(Records from a data source)
-- ===== src/Reporting/Console.antt =====
-- src/reporting/console_reporter.cc: what `report` prints, a line for each call of `printf`. The date
-- and the layout of numbers are those of the C library.
pub mod Banners
use ccmetrics.Base.{
  ℕ, zero, suc, ◌-◌, ltb, if◌then◌else◌, String, List, [], ◌∷◌, ◌++◌, Option, none, some,
}
use Prim.Native.String.{len, ◌++◌ as ◌<>◌}
use ccmetrics.Serializer.{Reading}
use ccmetrics.Reporting.Graphite.{Rates}

-- A line: of a text, or `printFormatted` of an integer and of a double.
pub data Printed (F : Type 0) : Type 0 where
  text : String → Printed F
  int_equation : (lhs equality : String) → ℕ → (rhs : String) → Printed F
  double_equation : (lhs equality : String) → F → (rhs : String) → Printed F

-- `kConsoleWidth`.
abbrev pub console_width : ℕ
console_width = 80

-- `std::string(n, sym)`.
abbrev pub repeated : ℕ → String → String
repeated zero sym = ""
repeated (suc n) sym = sym <> repeated n sym

-- `printWithBanner`, without the end of the line; none where its assertion fails.
unfoldable pub print_with_banner : String → (sym : String) → Option String
print_with_banner str sym =
    if ltb (len str) console_width
    then some (str <> " " <> repeated (console_width - len str - 1) sym)
    else none

module _ {F : Type 0} where
  -- `printCounter`, `printTimer` and `printMeter`.
  unfoldable pub print_counter : ℕ → List (Printed F)
  print_counter value = int_equation "count" "=" value "" ∷ []

  unfoldable pub print_timer : Reading F → List (Printed F)
  print_timer t =
      int_equation "count" "=" t.count ""
      ∷ double_equation "1-minute rate" "=" t.m1_rate "calls/s"
      ∷ double_equation "5-minute rate" "=" t.m5_rate "calls/s"
      ∷ double_equation "15-minute rate" "=" t.m15_rate "calls/s"
      ∷ int_equation "min" "=" t.least "us"
      ∷ int_equation "max" "=" t.largest "us"
      ∷ double_equation "mean" "=" t.average "us"
      ∷ double_equation "stdev" "=" t.deviation "us"
      ∷ double_equation "median" "=" t.p50 "us"
      ∷ double_equation "75%" "<=" t.p75 "us"
      ∷ double_equation "95%" "<=" t.p95 "us"
      ∷ double_equation "99%" "<=" t.p99 "us"
      ∷ double_equation "99.9%" "<=" t.p999 "us"
      ∷ []

  unfoldable pub print_meter : Rates F → List (Printed F)
  print_meter m =
      double_equation "1-minute rate" "=" m.m1 "/s"
      ∷ double_equation "5-minute rate" "=" m.m5 "/s"
      ∷ double_equation "15-minute rate" "=" m.m15 "/s"
      ∷ []

  -- The loop over the entries of one map, each under its name, and the blank line behind it.
  abbrev pub print_entries :
      {A : Type 0} → (A → List (Printed F)) → List (String × A) → List (Printed F)
  print_entries print [] = text "" ∷ []
  print_entries print ((name, metric) ∷ entries) =
      text name ∷ print metric ++ print_entries print entries

  -- The lines that follow a banner.
  abbrev pub behind_banner : Option String → List (Printed F) → Option (List (Printed F))
  behind_banner none lines = none
  behind_banner (some banner) lines = some (text banner ∷ lines)

  -- The part of `report` for one map.
  abbrev pub print_section :
      {A : Type 0} → String → (A → List (Printed F)) → List (String × A) → Option (List (Printed F))
  print_section title print [] = some []
  print_section title print (entry ∷ entries) =
      behind_banner (print_with_banner title "-") (print_entries print (entry ∷ entries))

  -- One part behind the other.
  abbrev pub followed_by :
      Option (List (Printed F)) → Option (List (Printed F)) → Option (List (Printed F))
  followed_by none lines = none
  followed_by (some front) none = none
  followed_by (some front) (some back) = some (front ++ back)

  -- `report`, at the time that `formatNow` prints as `now`.
  unfoldable pub print_report :
      (now : String)
      → (counters : List (String × ℕ)) → (timers : List (String × Reading F))
      → (meters : List (String × Rates F)) → Option (List (Printed F))
  unfolding print_with_banner print_counter print_timer print_meter
  print_report now counters timers meters =
      followed_by (behind_banner (print_with_banner now "=") (text "" ∷ [])) (
        followed_by (print_section "-- Counters" print_counter counters) (
          followed_by (print_section "-- Timers" print_timer timers)
            (print_section "-- Meters" print_meter meters)))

Work to complete — Print the records once more, exactly as written.

Exercise result —
-- ===== src/Reporting/Console.antt =====
-- src/reporting/console_reporter.cc: what `report` prints, a line for each call of `printf`. The date
-- and the layout of numbers are those of the C library.
pub mod Banners
use ccmetrics.Base.{
  ℕ, zero, suc, ◌-◌, ltb, if◌then◌else◌, String, List, [], ◌∷◌, ◌++◌, Option, none, some,
}
use Prim.Native.String.{len, ◌++◌ as ◌<>◌}
use ccmetrics.Serializer.{Reading}
use ccmetrics.Reporting.Graphite.{Rates}

-- A line: of a text, or `printFormatted` of an integer and of a double.
pub data Printed (F : Type 0) : Type 0 where
  text : String → Printed F
  int_equation : (lhs equality : String) → ℕ → (rhs : String) → Printed F
  double_equation : (lhs equality : String) → F → (rhs : String) → Printed F

-- `kConsoleWidth`.
abbrev pub console_width : ℕ
console_width = 80

-- `std::string(n, sym)`.
abbrev pub repeated : ℕ → String → String
repeated zero sym = ""
repeated (suc n) sym = sym <> repeated n sym

-- `printWithBanner`, without the end of the line; none where its assertion fails.
unfoldable pub print_with_banner : String → (sym : String) → Option String
print_with_banner str sym =
    if ltb (len str) console_width
    then some (str <> " " <> repeated (console_width - len str - 1) sym)
    else none

module _ {F : Type 0} where
  -- `printCounter`, `printTimer` and `printMeter`.
  unfoldable pub print_counter : ℕ → List (Printed F)
  print_counter value = int_equation "count" "=" value "" ∷ []

  unfoldable pub print_timer : Reading F → List (Printed F)
  print_timer t =
      int_equation "count" "=" t.count ""
      ∷ double_equation "1-minute rate" "=" t.m1_rate "calls/s"
      ∷ double_equation "5-minute rate" "=" t.m5_rate "calls/s"
      ∷ double_equation "15-minute rate" "=" t.m15_rate "calls/s"
      ∷ int_equation "min" "=" t.least "us"
      ∷ int_equation "max" "=" t.largest "us"
      ∷ double_equation "mean" "=" t.average "us"
      ∷ double_equation "stdev" "=" t.deviation "us"
      ∷ double_equation "median" "=" t.p50 "us"
      ∷ double_equation "75%" "<=" t.p75 "us"
      ∷ double_equation "95%" "<=" t.p95 "us"
      ∷ double_equation "99%" "<=" t.p99 "us"
      ∷ double_equation "99.9%" "<=" t.p999 "us"
      ∷ []

  unfoldable pub print_meter : Rates F → List (Printed F)
  print_meter m =
      double_equation "1-minute rate" "=" m.m1 "/s"
      ∷ double_equation "5-minute rate" "=" m.m5 "/s"
      ∷ double_equation "15-minute rate" "=" m.m15 "/s"
      ∷ []

  -- The loop over the entries of one map, each under its name, and the blank line behind it.
  abbrev pub print_entries :
      {A : Type 0} → (A → List (Printed F)) → List (String × A) → List (Printed F)
  print_entries print [] = text "" ∷ []
  print_entries print ((name, metric) ∷ entries) =
      text name ∷ print metric ++ print_entries print entries

  -- The lines that follow a banner.
  abbrev pub behind_banner : Option String → List (Printed F) → Option (List (Printed F))
  behind_banner none lines = none
  behind_banner (some banner) lines = some (text banner ∷ lines)

  -- The part of `report` for one map.
  abbrev pub print_section :
      {A : Type 0} → String → (A → List (Printed F)) → List (String × A) → Option (List (Printed F))
  print_section title print [] = some []
  print_section title print (entry ∷ entries) =
      behind_banner (print_with_banner title "-") (print_entries print (entry ∷ entries))

  -- One part behind the other.
  abbrev pub followed_by :
      Option (List (Printed F)) → Option (List (Printed F)) → Option (List (Printed F))
  followed_by none lines = none
  followed_by (some front) none = none
  followed_by (some front) (some back) = some (front ++ back)

  -- `report`, at the time that `formatNow` prints as `now`.
  unfoldable pub print_report :
      (now : String)
      → (counters : List (String × ℕ)) → (timers : List (String × Reading F))
      → (meters : List (String × Rates F)) → Option (List (Printed F))
  unfolding print_with_banner print_counter print_timer print_meter
  print_report now counters timers meters =
      followed_by (behind_banner (print_with_banner now "=") (text "" ∷ [])) (
        followed_by (print_section "-- Counters" print_counter counters) (
          followed_by (print_section "-- Timers" print_timer timers)
            (print_section "-- Meters" print_meter meters)))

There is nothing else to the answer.